Fear was again flooding my heart as I stood to sing in church this weekend.
The kind of fear that confidently insists, more like a certainty – things are going to go wrong and there’s nothing you can do. You might have some experience with that. My hours situation at one of my jobs was hitting a severe snag and the next step was uncertain. The worst case scenario is so easy to jump to.
I’d been praying. But I took it another step that night and chose to worship through intentional song.
It was an act of defiance against the fear.
You’re reading the words of an absent-minded man. I must confess that there are too many weekend worship services where my mind wanders. I start thinking about my book, or my finances, or maybe an unrelated theological question I’m grappling with, or perhaps a disagreement with a friend I’m worried about. Before I know it, the music has ended, the sermon has begun, and I’ve hardly sung a word with any real passion or focus.
But last weekend, I did.
The worship was an act of war. There was vinegar in it. I wanted to strike back against the fear, invoking who God is and who I am in his eyes.
Too often Christianity is portrayed as strictly passive. “Be still”, “be still”, “be still”. Sometimes God’s servants are told that. At other times, they’re told to fight. The epistles are full of intentionality, alertness, demolishing strongholds. Military metaphor. And one thing Paul tells us over and over is to worship.
As I did so last weekend, the fear was replaced by peace.
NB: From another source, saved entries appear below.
-- ===== src/Segment/Supported/Reach.antt =====
-- The conditions on channels, devices and events: when their compilers return.
use Prim.Native.String.{String}
use text.Mathlib.Text.{◌==◌ as str_eq}
use nudgeon_platform.Common.{
  ◌≡◌, refl, sym, ap, ◌∙◌, Bool, true, false, ◌&&◌, ◌||◌, List, [], ◌∷◌, Option, none, some, all,
  if◌then◌else◌, arith, Result, ok, err,
}
use nudgeon_platform.Segment.{
  Number, Value, undefined, boolean, number, string, array, items, Category, marketing,
  transactional, EventOp, count_gte, count_lte, performed, not_performed, first_performed,
  last_performed, ChannelOp, push_reachable, token_platform_in, EventCondition, DeviceCondition,
  CompileError,
}
use nudgeon_platform.Segment.Params.{
  has, platform_values, device_cols, cmp_ops, int_value, element_text, element_texts, array_values,
}
use nudgeon_platform.Segment.Channel.{
  add_platforms, compile_platforms, compile_channel_op, refusal, compile_device,
}
use nudgeon_platform.Segment.Event.{
  merge_map, event_query, within_window, base_windowed, compile_performed, compile_count,
  compile_moment, compile_event_op,
}
use nudgeon_platform.Segment.Supported.{
  is_ok, is_number, is_array_of, is_given, event_fits, is_platform_name, is_platform, channel_fits,
}
use nudgeon_platform.Segment.Supported.Attribute.{is_ok-int_value, and_true, at}
use nudgeon_platform.Segment.Supported.Verdicts.{
  Verdict, Verdict-pure, Verdict-throw, Verdict-add, if-Verdict, Verdict-lift, Verdict-bind,
}

add_platforms-Verdict : (vs : List String) → Verdict (all is_platform_name vs) (add_platforms vs)
unfolding add_platforms
add_platforms-Verdict [] = Verdict-pure _
add_platforms-Verdict (v ∷ vs) =
    at (branch (str_eq v "ios") (str_eq v "android") (all is_platform_name vs)) (
      if-Verdict (has platform_values v)
        (Verdict-bind (Verdict-add _)
          λ first. Verdict-bind (add_platforms-Verdict vs) λ rest. Verdict-pure _)
        (Verdict-throw _))
  where
    branch : (a b c : Bool) → (if a || (b || false) then c && true else false) ≡ (a || b) && c
    branch true b c = and_true c
    branch false true c = and_true c
    branch false false c = refl

compile_platforms-Verdict :
    (vs : List String) → Verdict (all is_platform_name vs) (compile_platforms vs)
unfolding compile_platforms
compile_platforms-Verdict [] = Verdict-pure _
compile_platforms-Verdict (v ∷ vs) =
    at (and_true _) (Verdict-bind (add_platforms-Verdict (v ∷ vs)) λ places. Verdict-pure _)

-- The check of the elements and that of their texts, made one after the other.
abbrev named_platforms : Result CompileError (List String) → Bool
named_platforms (ok texts) = all is_platform_name texts
named_platforms (err e) = false

and-false : (b : Bool) → (b && false) ≡ false
and-false true = refl
and-false false = refl

cons-platforms :
    (text : String) (r : Result CompileError (List String)) {b : Bool}
    → named_platforms r ≡ b
    → named_platforms (elim r [ ok rest ↦ ok (text ∷ rest) | err e ↦ err e ])
      ≡ is_platform_name text && b
cons-platforms text (ok rest) h = ap (λ x. is_platform_name text && x) h
cons-platforms text (err e) h = ground (arith, and-false (is_platform_name text))

module _ (number_text : Number → String) where
  element_texts-platforms :
      (vs : List Value)
      → named_platforms (element_texts number_text vs) ≡ all (is_platform number_text) vs
  unfolding element_texts element_text
  element_texts-platforms [] = refl
  element_texts-platforms (string s ∷ vs) = cons-platforms s _ (element_texts-platforms vs)
  element_texts-platforms (number n ∷ vs) =
      cons-platforms (number_text n) _ (element_texts-platforms vs)
  element_texts-platforms (boolean true ∷ vs) = cons-platforms "true" _ (element_texts-platforms vs)
  element_texts-platforms (boolean false ∷ vs) =
      cons-platforms "false" _ (element_texts-platforms vs)
  element_texts-platforms (undefined ∷ vs) = refl
  element_texts-platforms (v ∷ vs) = refl

  array_values-platforms :
      (v : Value)
      → named_platforms (array_values number_text v) ≡ is_array_of (is_platform number_text) v
  unfolding array_values
  array_values-platforms (array vs) = element_texts-platforms (items vs)
  array_values-platforms _ = refl

  absorb :
      (r : Result CompileError (List String)) → (is_ok r && named_platforms r) ≡ named_platforms r
  absorb (ok texts) = refl
  absorb (err e) = refl

  pub compile_channel_op-Verdict :
      (op : ChannelOp) (v : Value) (category : Category)
      → Verdict (channel_fits number_text op v) (compile_channel_op number_text op v category)
  unfolding compile_channel_op
  compile_channel_op-Verdict push_reachable v transactional = Verdict-pure _
  compile_channel_op-Verdict push_reachable v marketing = Verdict-pure _
  compile_channel_op-Verdict token_platform_in v category =
      let r = array_values number_text v in
      at (absorb r ∙ array_values-platforms v) (
        Verdict-lift r refl
          λ texts e. at (ap named_platforms (sym e)) (compile_platforms-Verdict texts))
  compile_channel_op-Verdict ChannelOp.other v category = Verdict-throw _

pub compile_device-Verdict : (c : DeviceCondition) → Verdict false (compile_device c)
unfolding compile_device refusal
compile_device-Verdict c =
    at (both (has device_cols c.key))
      (if-Verdict (has device_cols c.key) (refused (cmp_ops c.op)) (Verdict-throw _))
  where
    both : (b : Bool) → (if b then false else false) ≡ false
    both true = refl
    both false = refl

    refused : (o : Option String) → Verdict false (refusal o)
    refused none = Verdict-throw _
    refused (some t) = Verdict-throw _

within_window-Verdict :
    (query : String) (days : Option Number) → Verdict true (within_window query days)
unfolding within_window
within_window-Verdict query none = Verdict-pure _
within_window-Verdict query (some days) = Verdict-bind (Verdict-add _) λ place. Verdict-pure _

module _ (tenant_id app_id : String) where
  event_query-Verdict : (name : String) → Verdict true (event_query tenant_id app_id name)
  unfolding event_query merge_map
  event_query-Verdict name =
      Verdict-bind
        (Verdict-bind (Verdict-add _) λ t. Verdict-bind (Verdict-add _) λ a. Verdict-pure _)
        λ merges.
          Verdict-bind (Verdict-add _)
            λ t. Verdict-bind (Verdict-add _) λ a. Verdict-bind (Verdict-add _) λ e. Verdict-pure _

  base_windowed-Verdict : (c : EventCondition) → Verdict true (base_windowed tenant_id app_id c)
  unfolding base_windowed
  base_windowed-Verdict c =
      Verdict-bind (event_query-Verdict c.event) λ query. within_window-Verdict query c.window_days

  compile_count-Verdict :
      (cmp : String) (c : EventCondition)
      → Verdict (is_number c.value) (compile_count tenant_id app_id cmp c)
  unfolding compile_count
  compile_count-Verdict cmp c = at (and_true _) (
      Verdict-lift (int_value c.value) (is_ok-int_value c.value) λ n _.
        Verdict-bind (base_windowed-Verdict c)
          λ base. Verdict-bind (Verdict-add _) λ place. Verdict-pure _)

  compile_moment-Verdict :
      (agg name : String) (days : Option Number)
      → Verdict (is_given days) (compile_moment tenant_id app_id agg name days)
  unfolding compile_moment
  compile_moment-Verdict agg name none = Verdict-throw _
  compile_moment-Verdict agg name (some days) =
      Verdict-bind (event_query-Verdict name)
        λ base. Verdict-bind (Verdict-add _) λ place. Verdict-pure _

  pub compile_event_op-Verdict :
      (op : EventOp) (c : EventCondition)
      → Verdict (event_fits op c.value c.window_days) (compile_event_op tenant_id app_id op c)
  unfolding compile_event_op compile_performed
  compile_event_op-Verdict performed c =
      Verdict-bind (base_windowed-Verdict c) λ base. Verdict-pure _
  compile_event_op-Verdict not_performed c =
      Verdict-bind (base_windowed-Verdict c) λ base. Verdict-pure _
  compile_event_op-Verdict count_gte c = compile_count-Verdict ">=" c
  compile_event_op-Verdict count_lte c = compile_count-Verdict "<=" c
  compile_event_op-Verdict first_performed c = compile_moment-Verdict "min" c.event c.window_days
  compile_event_op-Verdict last_performed c = compile_moment-Verdict "max" c.event c.window_days
  compile_event_op-Verdict EventOp.other c = Verdict-throw _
I did nothing to make it happen myself. Things simply settled down inside, the certainty of the worst case scenario pushed aside like the smoke that was blown out of our valley today, superseded by peace. The peace of God.
What an incredible resource God has made available to us!
I’m Scripturally convinced that Christianity is not passive. At least not against our enemies, or against the obstacles God wants torn down. Sometimes the best response to adversity is simply to turn directly into it. An act of defiance.
If this seems like a really, really simplistic blog post today, maybe that’s all right. Maybe the deepest, most powerful truths are still the simplest ones.